Enabling Hyper-Differential Sensitivity Analysis for Ill-Posed Inverse Problems
- Sandia National Laboratories (SNL-NM), Albuquerque, NM (United States). Scientific Machine Learning
Inverse problems constrained by partial differential equations (PDEs) play a critical role in model development and calibration. In many applications, there are multiple uncertain parameters in a model that must be estimated. However, high dimensionality of the parameters and computational complexity of the PDE solves make such problems challenging. A common approach is to reduce the dimension by fixing some parameters (which we will call auxiliary parameters) to a best estimate and use techniques from PDE-constrained optimization to estimate the other parameters. In this article, hyper-differential sensitivity analysis (HDSA) is used to assess the sensitivity of the solution of the PDE-constrained optimization problem to changes in the auxiliary parameters.

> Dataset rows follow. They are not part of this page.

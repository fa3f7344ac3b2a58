-- ===== src/Cleaner/Drain/Windows.antt =====
-- internal/cleaner/cleaner.go: what one pass of drainChat sees of a history, and what it leaves. The
-- newest messages of the history are young; the older ones are due, and the pass sees some of them.
use langolier_bot.Base.{
  ℕ, suc, ◌≤◌, ◌<◌, ◌-◌, ◌||◌, zero, ltb, nat_beq, true, false, not, List, [], ◌∷◌, ◌++◌, ◌≡◌, refl,
  sym, subst, ap, ◌∙◌, length, contains, nat_eq, take, keep, keep-All, keep_nothing, keep-append,
  All, All-append, All-weaken, All-swap, arith, if◌then◌else◌,
}
use langolier_bot.Base.Int.{ℤ}
use langolier_bot.Base.Calls.{Visit}
use langolier_bot.Cleaner.Sweep.{is_due, due_ids}
use langolier_bot.Cleaner.Drain.{oldest_from}
use langolier_bot.Tgclient.Scan.{min_id_from}
use langolier_bot.Tgclient.Scan.History.{
  to_messages, IsHistory, min_id-All, min_id-le, IsHistory-positive, All-split, IsHistory-append,
}

abbrev pub ids_of : List Visit → List ℕ
ids_of [] = []
ids_of ((id, sent) ∷ visits) = id ∷ ids_of visits

-- The smallest id of a drain and that of a scan are the same.
oldest_from-min_id :
    (m : ℕ) (visits : List Visit) → oldest_from m visits ≡ min_id_from m (to_messages visits)
unfolding oldest_from min_id_from
oldest_from-min_id m [] = refl
oldest_from-min_id m ((id, sent) ∷ visits) =
    oldest_from-min_id (if nat_beq m 0 || ltb id m then id else m) visits

-- The smallest id of what a pass sees is below no message that it sees, and above every one behind.
pub oldest-bounds :
    (visits rest : List Visit)
    → 0 < length visits
    → IsHistory (visits ++ rest)
    → All (λ (v : Visit). oldest_from 0 visits ≤ v.0) visits
      × All (λ (v : Visit). v.0 < oldest_from 0 visits) rest
unfolding min_id_from
oldest-bounds [] rest p h = absurd (omega arith)
oldest-bounds (x ∷ xs) rest p h =
    let (below, seen, behind) = IsHistory-append (x ∷ xs) rest h in
    let positive = IsHistory-positive (x ∷ xs) seen in
    let (le, all) = min_id-le x.0 xs positive.0 positive.1 in
    subst (λ o. All (λ (v : Visit). o ≤ v.0) (x ∷ xs) × All (λ (v : Visit). v.0 < o) rest)
      (sym (oldest_from-min_id 0 (x ∷ xs)))
      ((le, all), min_id-All (λ k. All (λ (v : Visit). v.0 < k) rest) x.0 xs below.0 below.1)

-- A pass that sees `n` messages sees the young ones, and due ones for the rest.
pub take_window :
    (n : ℕ) (young due : List Visit)
    → length young ≤ n
    → take n (young ++ due) ≡ young ++ take (n - length young) due
take_window n [] due h = ap (λ k. take k due) (omega arith)
take_window zero (y ∷ young) due h = absurd (omega arith)
take_window (suc n) (y ∷ young) due h =
    ap (λ t. y ∷ t)
      (take_window n young due (omega arith) ∙ ap (λ k. young ++ take k due) (omega arith))

pub due_ids_window :
    (t : ℤ) (now : ℕ) (young due : List Visit)
    → All (λ (v : Visit). is_due t now v.1 ≡ false) young
    → All (λ (v : Visit). is_due t now v.1 ≡ true) due
    → due_ids t now (young ++ due) ≡ ids_of due
unfolding due_ids
due_ids_window t now [] [] hy hd = refl
due_ids_window t now [] (d ∷ due) hy hd =
    rw hd.0 (ap (λ u. d.0 ∷ u) (due_ids_window t now [] due tt hd.1))
due_ids_window t now (y ∷ young) due hy hd = rw hy.0 (due_ids_window t now young due hy.1 hd)

contains_above :
    (n : ℕ) (visits : List Visit)
    → All (λ (v : Visit). v.0 < n) visits
    → contains (ids_of visits) n ≡ false
contains_above n [] h = refl
contains_above n (v ∷ visits) h = ground (arith, contains_above n visits h.1)

contains_below :
    (n : ℕ) (visits : List Visit)
    → All (λ (v : Visit). n < v.0) visits
    → contains (ids_of visits) n ≡ false
contains_below n [] h = refl
contains_below n (v ∷ visits) h = ground (arith, contains_below n visits h.1)

contains_own :
    (visits : List Visit) → All (λ (v : Visit). contains (ids_of visits) v.0 ≡ true) visits
contains_own [] = tt
contains_own (v ∷ visits) = (
  ground arith,
  All-weaken (λ (u : Visit). contains (ids_of visits) u.0 ≡ true) _ visits (λ u e. ground arith)
      (contains_own visits),
)

-- The messages that a deletion of some ids leaves.
abbrev pub leave : List ℕ → List Visit → List Visit
leave ids visits = keep (λ (v : Visit). not (contains ids v.0)) visits

-- The deletion of what a pass has seen leaves the young messages and those that it has not seen.
pub leave_window :
    (young seen rest : List Visit)
    → IsHistory (young ++ (seen ++ rest))
    → leave (ids_of seen) (young ++ (seen ++ rest)) ≡ young ++ rest
leave_window young seen rest h =
    let p = λ (v : Visit). not (contains (ids_of seen) v.0) in
    let (above, new, old) = IsHistory-append young (seen ++ rest) h in
    let (between, middle, last) = IsHistory-append seen rest old in
    let stays = keep-All p young (
      All-weaken (λ (y : Visit). All (λ (v : Visit). v.0 < y.0) (seen ++ rest)) _ young
        (λ y q.
          ap not (contains_above y.0 seen (All-split (λ (v : Visit). v.0 < y.0) seen rest q).0))
        above) in
    let goes = keep_nothing p seen (
      All-weaken (λ (v : Visit). contains (ids_of seen) v.0 ≡ true) _ seen (λ v e. ap not e)
        (contains_own seen)) in
    let waits = keep-All p rest (
      All-weaken (λ (r : Visit). All (λ (v : Visit). r.0 < v.0) seen) _ rest
        (λ r q. ap not (contains_below r.0 seen q))
        (All-swap (λ (v r : Visit). r.0 < v.0) seen rest between)) in
    rw (keep-append p young (seen ++ rest), keep-append p seen rest, stays, goes, waits) refl

IsHistory-glue :
    (xs ys : List Visit)
    → All (λ (x : Visit). All (λ (y : Visit). y.0 < x.0) ys) xs
    → IsHistory xs
    → IsHistory ys
    → IsHistory (xs ++ ys)
IsHistory-glue [] ys h hx hy = hy
IsHistory-glue (x ∷ xs) ys h hx hy = (
  hx.0,
  (All-append (λ (y : Visit). y.0 < x.0) xs ys hx.1.0 h.0, IsHistory-glue xs ys h.1 hx.1.1 hy),
)

-- What is left is a history.
pub IsHistory-left :
    (young seen rest : List Visit) → IsHistory (young ++ (seen ++ rest)) → IsHistory (young ++ rest)
IsHistory-left young seen rest h =
    let (above, new, old) = IsHistory-append young (seen ++ rest) h in
    IsHistory-glue young rest
      (All-weaken (λ (y : Visit). All (λ (v : Visit). v.0 < y.0) (seen ++ rest)) _ young
        (λ y q. (All-split (λ (v : Visit). v.0 < y.0) seen rest q).1) above)
      new (IsHistory-append seen rest old).2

Foundational assumptions for HDSA require satisfaction of the optimality conditions which are not always practically feasible as a result of ill-posedness in the inverse problem. Here we introduce novel theoretical and computational approaches to justify and enable HDSA for ill-posed inverse problems by projecting the sensitivities on likelihood informed subspaces and defining a posteriori updates. Our proposed framework is demonstrated on a nonlinear multiphysics inverse problem motivated by estimation of spatially heterogeneous material properties in the presence of spatially distributed parametric modeling uncertainties.
- Research Organization:
- Sandia National Laboratories (SNL-NM), Albuquerque, NM (United States)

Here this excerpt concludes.